My day nurse finally comes into the room and guess what?  She is my neighbor.  Finally, I have some confidence restored with the team that will be operating on me.  We talk for a while and then wait.  I didn't go into surgery until 9 am.  My arms are still throbbing and now it is time for the spinal block.  I get into position, she gives me the numbing shot and starts with the block and it FREAKING hurts!  I start yelling at her that it hurts and I can feel the fluid in the lower right side by my spine.  Finally, she stops and numbs me up some more and continues.  Yep, it still hurt but no where near as bad as the first time.  By the time I'm laying on the bed, I can't feel my butt and my legs are starting to tingle.  For some reason it really starts to bother me that I can't fell my toes or wiggle them.  Then, they start the surgery prep.  I'm laying on the table with the gown pulled up to my chest and no drape blocking my view.  With Ava that was the first thing they did.  They put up that little curtain that blocked my view form what was going on.  I'm starting to have a little bit of a mental freak out.  I can't feel my toes, I'm naked in front of at least 6 people while they are walking around getting me ready for surgery.  When does the sheet go up?  Does it go up?  Just don't look down...I look down.  Don't look down...I start staring at the ceiling then the walls...oh man this place is old and no where near as nice as a real hospital...what have I gotten myself into...I still can't wiggle my toes, I'm freezing, maybe I could just leave and be pregnant forever...The sheet goes up.  Thank the lord!  Ok now where is Garry, are they going to start without him?  I can tell they are doing something down there, have they started?  Where is Garry?  I get ready to ask and he walks in the room...sigh...and he holds my hand till Sophia arrives.

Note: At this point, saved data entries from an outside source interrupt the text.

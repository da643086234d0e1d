-- ===== src/Authz/VisitTests.antt =====
-- Concrete visits to `/authorize` and its identification form, of internal/authz.
use fikua_lab_idp.Prelude.{
  ◌+◌, ◌*◌, ◌≡◌, refl, [], ◌∷◌, some, none, arith, second, minute, ne_of_test,
}
use fikua_lab_idp.Assoc.{get, text_at}
use fikua_lab_idp.Action.{ok, err}
use fikua_lab_idp.Session.Types.{Params, ParRequestEntry, new_store}
use fikua_lab_idp.Session.Requests.{check_identified, get_identify_replay}
use fikua_lab_idp.Authz.Types.{State, invalid, pending_request_uri_key}
use fikua_lab_idp.Authz.Authorize.{Draws, IssuerLookup, handle_authorize, resolve_record}
use fikua_lab_idp.Authz.Identify.{IssuerCreate, complete_identification}
use fikua_lab_idp.Authz.Visits.{identified_visit_expires, issued_session, code_response}
use fikua_lab_idp.Authz.Identification.{identified_visit_repeats}
use fikua_lab_idp.Authz.RoundTrip.{identification_round_trip}
use fikua_lab_idp.Fixtures.{clock, pushed_params, toy_service, idle}

abbrev draws : Draws
draws = record { code = "c1"; session_id = "s1"; pending = "p1" }

abbrev draws_again : Draws
draws_again = record { code = "c2"; session_id = "s2"; pending = "p2" }

-- The Credential Issuer, with no record and with the record "rec", and its creation of that record.
abbrev no_record : IssuerLookup
no_record s = ok none

abbrev one_record : IssuerLookup
one_record s = ok (some "rec")

abbrev creates : IssuerCreate
creates r = ok "rec"

abbrev pushed_entry : ParRequestEntry
pushed_entry = record { params = pushed_params; created_at = clock }

abbrev request_pushed : State
request_pushed = record idle {
  sessions = record new_store { par_requests = ("u", pushed_entry) ∷ [] };
}

identification_round_trip_example :
    let s₁ =
      (handle_authorize toy_service no_record draws
        (clock + second)
        (clock + 2 * second)
        "u"
        "wallet"
        ""
        request_pushed).1 in
    let s₂ =
      (complete_identification toy_service creates "ck"
        (clock + 20 * second)
        (clock + 21 * second)
        "p1"
        []
        "form"
        ""
        s₁).1 in
    let visit =
      handle_authorize toy_service no_record draws_again
        (clock + 25 * second)
        (clock + 26 * second)
        "u"
        "wallet"
        "ck"
        s₂ in
    (visit.0 ≡ ok (code_response draws_again pushed_params))
    × (get "c2" visit.1.sessions.auth_codes
        ≡ some (issued_session draws_again (clock + 26 * second) "rec" pushed_params))
unfolding get text_at resolve_record get_identify_replay new_store
identification_round_trip_example =
    identification_round_trip toy_service no_record creates draws draws_again "u" "wallet" "ck"
      "pid" "rec" clock (clock + second) (clock + 2 * second) (clock + 20 * second)
      (clock + 21 * second) (clock + 25 * second) (clock + 26 * second) [] "form" "" pushed_params
      request_pushed (ne_of_test "u" "" refl) refl (omega arith) (omega arith) refl refl refl refl
      (ne_of_test "pid" "" refl) refl (ne_of_test "ck" "" refl) (omega arith)

-- A request that carries an `issuer_state`.
abbrev offered_params : Params
offered_params = ("issuer_state", "offer") ∷ pushed_params

abbrev offer_pushed : State
offer_pushed = record idle {
  sessions = record new_store {
    par_requests = ("u", record { params = offered_params; created_at = clock }) ∷ [];
  };
}

-- The pushed request, and its identification 20 seconds later under the cookie "ck".
abbrev request_identified : State
request_identified = record idle {
  sessions = record new_store {
    par_requests = ("u", pushed_entry) ∷ [];
    identified_sessions =
        (
          "ck",
          record {
            request_uri = "u";
            record_id = "rec";
            params = pushed_params;
            created_at = clock + 20 * second;
          },
        )
        ∷ [];
  };
}

identified_visit_expires_example :
    (handle_authorize toy_service no_record draws
      (clock + 2 * minute)
      (clock + 2 * minute)
      "u"
      "wallet"
      "ck"
      request_identified).0
    ≡ err (invalid "Invalid or expired request_uri")
unfolding get check_identified
identified_visit_expires_example =
    identified_visit_expires toy_service no_record draws (clock + 2 * minute) (clock + 2 * minute)
      "u" "wallet" "ck" request_identified pushed_entry ("rec", pushed_params)
      (ne_of_test "u" "" refl) refl (omega arith) refl

identified_visit_repeats_example :
    let s₁ =
      (handle_authorize toy_service no_record draws
        (clock + 30 * second)
        (clock + 30 * second)
        "u"
        "wallet"
        "ck"
        request_identified).1 in
    let outcome =
      handle_authorize toy_service no_record draws_again
        (clock + 31 * second)
        (clock + 31 * second)
        "u"
        "wallet"
        "ck"
        s₁ in
    (outcome.0 ≡ ok (code_response draws_again pushed_params))
    × (get "c1" outcome.1.sessions.auth_codes
        ≡ some (issued_session draws (clock + 30 * second) "rec" pushed_params))
    × (get "c2" outcome.1.sessions.auth_codes
        ≡ some (issued_session draws_again (clock + 31 * second) "rec" pushed_params))
unfolding get text_at resolve_record check_identified
identified_visit_repeats_example =
    identified_visit_repeats toy_service no_record draws draws_again (clock + 30 * second)
      (clock + 30 * second) (clock + 31 * second) (clock + 31 * second) "u" "wallet" "ck" "rec"
      pushed_params request_identified pushed_entry (ne_of_test "u" "" refl) refl (omega arith)
      (omega arith) refl refl refl refl (ne_of_test "c1" "c2" refl)

-- A deferred authorization, whose form is open.
abbrev pending_params : Params
pending_params = (pending_request_uri_key, "u") ∷ pushed_params

abbrev form_open : State
form_open = record idle {
  sessions = record new_store { pending_auth = ("p1", pending_params) ∷ [] };
}
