-- ===== src/Mdoc.antt =====
-- internal/mdocverify: mso_mdoc presentations.
pub mod Cbor
pub mod Cose
pub mod Chain
pub mod Transcript
pub mod Digests
pub mod Verify
pub mod Elements
pub mod Sound
pub mod Device
pub mod Accepted
pub mod Refused
pub mod Binding
pub mod ValidChain
mod Tests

Happy Birthday, everyone yells in the operating room and I hear that sweet first cry from Sophia.  She is perfect.  Born August 24th at 9:47 am 7 pounds 12 ounces and 19 inches long.  They clean her up and bring her over for me to see her and give her a kiss.  Instead of waiting with me like they did with Ava, Garry and Sophia had to leave.  Which was fine because it took a while to put me back together.  The doctor said my scarring from Ava looked good.  I get back to the recovery room and get to finally hold my baby.


They move me to my new room, which is a single because I had a c-section.  The nurses and staff who took care of me during my stay were amazing and extremely helpful.  Garry spent his time running back and forth between the hospital and home.  Ava meet Sophia later that day.  She really wasn't to interested.  She would just point at her and say "baby."  We left Friday afternoon and have been adjusting well ever since.